单方面确定无佚已经逃出了这片林地,白辞看了下骸骨狗,没和任何人打招呼,一人一狗离开。

望着他的背影,留下的成员面色各异,仍旧是半信半疑的状态。

·

今晚的星星和月亮同时翘班,没有挂在夜幕当中。

男主人一直在公司加班,过了零点还没回来,典型的现实逃避者。

屋内亮着灯,林云起和小郁各自翻看一本哲学书籍,万年古木留意着外面的风声,聆听树木传递来的信息。

“白辞来了。”

一句话让林云起微微抬眼。

然而自万年古木说完有五六分钟,也不见白辞的身影,正当林云起继续把注意力放在文字上,一只狗从窗户跳了进来。

林云起挑了下眉,终于明白白辞执意让自己在小郁家蹭安保的原因,万年古木也许不是进攻型人才,但一定是防御和逃跑的能手。

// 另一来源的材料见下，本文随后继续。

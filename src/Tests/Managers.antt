-- ===== src/Tests/Managers.antt =====
-- The theorems on `SecureStorageManager`, and on runs of the store, at concrete objects.
use secure_storage.Base.{◌≡◌, ◌≢◌, ◌↔◌, refl, inr, true, false, none, some, [], length, ◌+◌}
use secure_storage.Base.Text.{Str, codes, has_char}
use secure_storage.Error.{Errc, success}
use secure_storage.Os.Posix.{IsPosix, device}
use secure_storage.Os.Memory.{World, memory_os, place, lookup}
use secure_storage.Os.Memory.Laws.{memory-IsPosix}
use secure_storage.FileUtil.{create_directories}
use secure_storage.Inotify.Toy.{toy_inotify}
use secure_storage.Crypto.Encryptor.{encrypt, decrypt}
use secure_storage.Crypto.Encryptor.Decrypting.{encrypt-length}
use secure_storage.Crypto.Toy.{toy, toy-IsLawful}
use secure_storage.Naming.Roles.{temp_temp, entry}
use secure_storage.Store
use secure_storage.Store.{
  SecureStore, back_up, restore_backup, replace_main, store_encrypted, retrieve_main,
  retrieve_backup,
}
use secure_storage.Store.Lifecycle.{with_separator, derived}
use secure_storage.Watcher.{Watcher}
use secure_storage.Manager.{
  Manager, ManagerImpl, manager, manager_impl, is_initialized, store_data, retrieve_data,
  delete_data, data_exists, list_data_ids,
}
use secure_storage.Manager.{with_store}
use secure_storage.Manager.Construction.{
  IsManaged, IsManagedOrMoved, new_store, ActiveWatcher, manager-IsManaged,
  is_initialized-manager_iff,
}
use secure_storage.Manager.Operations.{core, operations_lem, store_data_lem}
use secure_storage.Tests.Stores.{used_store, with_data, stores}
use secure_storage.Tests.Values.{
  key, top, an_id, some_data, an_encryptor, a_store, a_store-IsReady, world_of,
}

-- A monitor thread that ends without an event.
abbrev ends_at_once : Watcher → World → Watcher × World
ends_at_once fw w = (fw, w)

abbrev pub here : World
here = world_of []

manager-IsManaged_example :
    (i : ManagerImpl toy) × (w' : World) × (manager memory_os toy_inotify ends_at_once toy top
        (codes "S1")
        7
        here
      ≡ some (record { impl = some i }, w'))
    × IsManaged toy i
    × (i.is_manager_initialized
        ≡ (new_store memory_os toy_inotify ends_at_once toy toy-IsLawful top
            (codes "S1")
            7
            here).0.initialized)
    × ActiveWatcher memory_os toy_inotify ends_at_once toy toy-IsLawful top (codes "S1") 7 here i
manager-IsManaged_example =
    manager-IsManaged memory_os toy_inotify ends_at_once toy toy-IsLawful top (codes "S1") 7 here

-- With an empty serial number, the manager has no store.
abbrev no_manager : Manager toy
no_manager = record {
  impl = some (record {
    secure_store_instance = none;
    file_watcher_instance = none;
    is_manager_initialized = false;
    is_file_watcher_active = false;
  });
}

abbrev no_text : Str
no_text = []

no_manager-made :
    manager memory_os toy_inotify ends_at_once toy top no_text 7 here ≡ some (no_manager, here)
unfolding manager manager_impl Store.secure_store
no_manager-made = refl

is_initialized-manager_iff_example : (is_initialized toy no_manager ≡ true) ↔ (
    (top ≢ [])
    × (no_text ≢ [])
    × ((create_directories memory_os (with_separator top) here).0 ≡ success)
    × ((derived memory_os toy toy-IsLawful no_text).0 ≡ success))
is_initialized-manager_iff_example =
    is_initialized-manager_iff memory_os toy_inotify ends_at_once toy toy-IsLawful top no_text 7
      here no_manager here no_manager-made

abbrev pub a_manager : Manager toy
a_manager = record {
  impl = some (record {
    secure_store_instance = some a_store;
    file_watcher_instance = none;
    is_manager_initialized = true;
    is_file_watcher_active = false;
  });
}

pub a_manager-IsManaged : IsManagedOrMoved toy a_manager
a_manager-IsManaged = inr (_, refl, record { store = inr (refl, (a_store, refl, a_store-IsReady)) })

operations_lem_example :
    (retrieve_data memory_os toy an_id a_manager here
      ≡ Store.retrieve_data memory_os toy an_id a_store here)
    × (delete_data memory_os toy an_id a_manager here
        ≡ some (Store.delete_data memory_os toy an_id a_store here))
    × (data_exists memory_os toy an_id a_manager here
        ≡ some (Store.data_exists memory_os toy an_id a_store here))
    × (list_data_ids memory_os toy a_manager here
        ≡ some (Store.list_data_ids memory_os toy a_store here))
operations_lem_example = operations_lem memory_os toy a_manager here a_manager-IsManaged an_id

store_data_lem_example :
    (e : Errc) × (m' : Manager toy) × (w' : World) × (store_data memory_os toy an_id some_data
        a_manager here
      ≡ some (e, m', w'))
    × (Store.store_data memory_os toy an_id some_data a_store here ≡ some (e, core toy m', w'))
    × IsManagedOrMoved toy m'
store_data_lem_example =
    store_data_lem memory_os toy a_manager here a_manager-IsManaged an_id some_data

encrypt-length_example :
    ((encrypt toy some_data key [] [] an_encryptor).0 ≡ success
      → length (encrypt toy some_data key [] [] an_encryptor).1 ≡ 30)
    × ((decrypt toy some_data key [] [] an_encryptor).0 ≡ success
        → 2 ≡ 28 + length (decrypt toy some_data key [] [] an_encryptor).1)
encrypt-length_example = encrypt-length toy toy-IsLawful some_data key [] [] an_encryptor

abbrev pub after_manager : Manager toy
after_manager = record {
  impl = some (record {
    secure_store_instance = some used_store;
    file_watcher_instance = none;
    is_manager_initialized = true;
    is_file_watcher_active = false;
  });
}

pub manager_stores :
    store_data memory_os toy an_id some_data a_manager here
    ≡ some (success, after_manager, with_data)
unfolding store_data is_initialized with_store
manager_stores = rw (stores, store_data) refl

pub no_device : (IsPosix.node memory-IsPosix) here (entry top an_id temp_temp) ≢ some device
unfolding memory-IsPosix place lookup has_char
no_device e = cc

白辞人未至,咳嗽声先传了过来,林云起放下书籍走出去。

门外,白辞面色还好,不过眼底流露着浓浓的疲倦。

猜测医院对他也许没太大用处,林云起想来想去,只能给倒杯水送过来。

喉咙的血腥味被冲散,白辞放下杯子的同时开口道:“无佚应该是逃了。”

完全不掺和进来的万年古木,闻言都朝这边瞄了一眼。

林云起耐心等着后续。

白辞刚讲了一个开头,除了小男孩,林云起和万年古木同时一怔:“他不爱我?”

“……”

白辞冷静颔首,说道:“确实出乎意料,一码归一码,我已经就这个误会进行了道歉。”

林云起试探:“道歉?”

怎么听上去这么不可靠?

像是在树林里一样,白辞缓缓吐出一个英文词汇:“sorry。”

“……”

真是体面的致歉。

天空毫无预兆下起雨,小郁掩着嘴打了个呵欠,就快要把脸埋进书页里。林云起好笑地领他回房间:“睡吧。”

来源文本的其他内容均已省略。